La cour d’appel de Douai, le 6 mars 2024, a examiné un pourvoi contre une ordonnance de référé. Des occupants sans titre contestent leur expulsion d’un logement appartenant à un bailleur social. La juridiction devait statuer sur la qualification de l’occupation et ses conséquences procédurales. Elle confirme intégralement l’ordonnance de première instance, ordonnant l’expulsion sans délai.
La qualification d’occupation sans droit ni titre
La caractérisation d’un trouble manifestement illicite. La cour retient que l’occupation des lieux s’exerce sans aucun droit et contre la volonté du propriétaire. Elle affirme qu’une telle situation constitue nécessairement un trouble illicite justifiant une mesure en référé. Cette analyse rejoint une jurisprudence constante sur la violation du droit de propriété. « L’occupation sans droit ni titre du bien d’autrui constitue nécessairement un trouble manifestement illicite » (Tribunal judiciaire de Marseille, le 23 janvier 2025, n°24/04090). La simple absence de dégradation ou le paiement de charges ne modifie pas cette qualification juridique.
La reconnaissance d’une voie de fait justifiant l’urgence. La décision qualifie spécifiquement cette occupation de voie de fait. Cette qualification découle de l’entrée dans les lieux sans l’accord du propriétaire et du maintien contre sa volonté. Elle se distingue ainsi d’une simple occupation sans titre nécessitant des actes positifs. La cour écarte donc l’argument des occupants sur l’absence d’effraction ou de violence. La voie de fait est ici déduite de la privation de jouissance imposée au propriétaire légitime.
Les conséquences procédurales de la qualification retenue
La suppression des délais légaux protecteurs. La qualification de voie de fait entraîne des conséquences immédiates sur la procédure d’expulsion. La cour confirme la suppression du délai de deux mois suivant le commandement. Elle rappelle que ce délai peut être réduit ou supprimé en cas de mauvaise foi ou de voie de fait. La mauvaise foi des occupants est caractérisée par leur installation sans bail et l’absence de démarches de relogement. Les circonstances personnelles invoquées sont jugées inopérantes face au trouble illicite.

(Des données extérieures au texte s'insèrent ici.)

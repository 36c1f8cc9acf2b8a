-- ===== src/Invalidate.antt =====
-- The invalidation commands of iommu_ref_model/libiommu/src/iommu_command_queue.c on the caches:
-- `do_inval_ddt`, `do_inval_pdt`, `do_iotinval_vma` and `do_iotinval_gvma`.
pub mod Directory
pub mod Vma
pub mod Gvma
use riscv_iommu_dv_model.Prelude.{
  ℕ, Bool, true, false, not, ◌&&◌, ◌||◌, List, [], ◌∷◌, map, ◌==◌, if◌then◌else◌,
}
use riscv_iommu_dv_model.Iommu.{Iommu}
use riscv_iommu_dv_model.Iommu.Caches.{DdtCache, PdtCache, Tlb}
use riscv_iommu_dv_model.Address.{match_address_range}
use riscv_iommu_dv_model.Atc.Iotlb.{truth}

-- The body of the first loop of `do_inval_ddt`.
abbrev pub inval_ddt_entry : ℕ → ℕ → DdtCache → DdtCache
inval_ddt_entry dv did e =
    if e.valid == 0
    then e
    else if dv == 0
    then record e { valid = 0 }
    else if dv == 1 && e.did == did
    then record e { valid = 0 }
    else e

-- The body of its second loop.
abbrev pub inval_ddt_pdt_entry : ℕ → ℕ → PdtCache → PdtCache
inval_ddt_pdt_entry dv did e =
    if ((e.did == did && dv == 1) || dv == 0) && e.valid == 1 then record e { valid = 0 } else e

-- The body of the loop of `do_inval_pdt`.
abbrev pub inval_pdt_entry : ℕ → ℕ → PdtCache → PdtCache
inval_pdt_entry did pid e =
    if e.did == did && e.pid == pid && e.valid == 1 then record e { valid = 0 } else e

module _ {W : Type 0} where
  -- `do_inval_ddt`
  unfoldable pub do_inval_ddt : Iommu W → ℕ → ℕ → Iommu W
  do_inval_ddt s dv did = record s {
    ddt_cache = map (inval_ddt_entry dv did) s.ddt_cache;
    pdt_cache = map (inval_ddt_pdt_entry dv did) s.pdt_cache;
  }

  -- `do_inval_pdt`
  unfoldable pub do_inval_pdt : Iommu W → ℕ → ℕ → Iommu W
  do_inval_pdt s did pid = record s { pdt_cache = map (inval_pdt_entry did pid) s.pdt_cache }

-- The operands of IOTINVAL. The operand NL is read by neither function.
pub record Iotinval : Type 0 where
  pub gv : ℕ
  pub av : ℕ
  pub nl : ℕ
  pub pscv : ℕ
  pub gscid : ℕ
  pub pscid : ℕ
  pub addr_63_12 : ℕ
  pub s : ℕ

-- `gscid_match && pscid_match && addr_match && global_match` of `do_iotinval_vma`
pub vma_selects : Iotinval → Tlb → Bool
vma_selects c e =
    ((c.gv == 0 && e.gv == 0) || (c.gv == 1 && e.gv == 1 && e.gscid == c.gscid))
    && (c.pscv == 0 || (c.pscv == 1 && e.pscv == 1 && e.pscid == c.pscid))
    && (c.av == 0 || (c.av == 1 && match_address_range c.addr_63_12 c.s e.vpn e.s))
    && (c.pscv == 0 || (c.pscv == 1 && e.g == 0))

abbrev pub inval_vma_entry : Iotinval → Tlb → Tlb
inval_vma_entry c e = if vma_selects c e then record e { valid = 0 } else e

-- The two tests of the loop of `do_iotinval_gvma`.
unfoldable pub gvma_gscid_selects : Iotinval → Tlb → Bool
gvma_gscid_selects c e = (c.gv == 0 && e.gv == 1) || (c.gv == 1 && e.gv == 1 && e.gscid == c.gscid)

unfoldable pub gvma_addr_selects : Iotinval → Tlb → Bool
gvma_addr_selects c e =
    e.pscv == 1
    || c.av == 0
    || c.gv == 0
    || (e.pscv == 0 && c.av == 1 && match_address_range c.addr_63_12 c.s e.vpn e.s)

-- The loop of `do_iotinval_gvma`, from the flags `gscid_match` and `addr_match` as the entries
-- before have left them: no iteration resets them.
pub inval_gvma_entries : Iotinval → ℕ → ℕ → List Tlb → List Tlb
inval_gvma_entries c gscid_match addr_match [] = []
inval_gvma_entries c gscid_match addr_match (e ∷ es) =
    let skip = e.valid == 0 in
    let gscid_match' = if not skip && gvma_gscid_selects c e then 1 else gscid_match in
    let addr_match' = if not skip && gvma_addr_selects c e then 1 else addr_match in
    let e' =
      if not skip && truth gscid_match' && truth addr_match' then record e { valid = 0 } else e in
    e' ∷ inval_gvma_entries c gscid_match' addr_match' es

module _ {W : Type 0} where
  -- `do_iotinval_vma`
  unfoldable pub do_iotinval_vma : Iommu W → Iotinval → Iommu W
  do_iotinval_vma st c = record st { tlb = map (inval_vma_entry c) st.tlb }

  -- `do_iotinval_gvma`. In C the two flags have no initial values; the arguments stand for what
  -- they hold.
  unfoldable pub do_iotinval_gvma : Iommu W → Iotinval → (gscid_match addr_match : ℕ) → Iommu W
  do_iotinval_gvma st c gscid_match addr_match = record st {
    tlb = inval_gvma_entries c gscid_match addr_match st.tlb;
  }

L’exclusion du bénéfice de la trêve hivernale. Le statut de bailleur social et l’état du logement sont considérés comme sans influence sur la décision. La protection de la trêve hivernale est expressément refusée aux auteurs d’une voie de fait. « La trêve hivernale ne bénéficie pas aux personnes entrées dans les lieux par voie de fait » (article L.412-6 du code des procédures civiles d’exécution). L’urgence à faire cesser le trouble prime sur toute considération saisonnière ou sociale. La décision affirme ainsi la primauté du droit de propriété dans ce contexte particulier.
Cet arrêt renforce une jurisprudence sévère envers les occupations sans titre. Il assimile toute occupation non consentie à une voie de fait justifiant une expulsion accélérée. La solution limite strictement les protections procédurales habituelles des occupants. Elle consacre une approche objective du trouble illicite fondée sur la seule violation du droit de propriété. La décision isole ce contentieux des considérations sociales attachées au logement.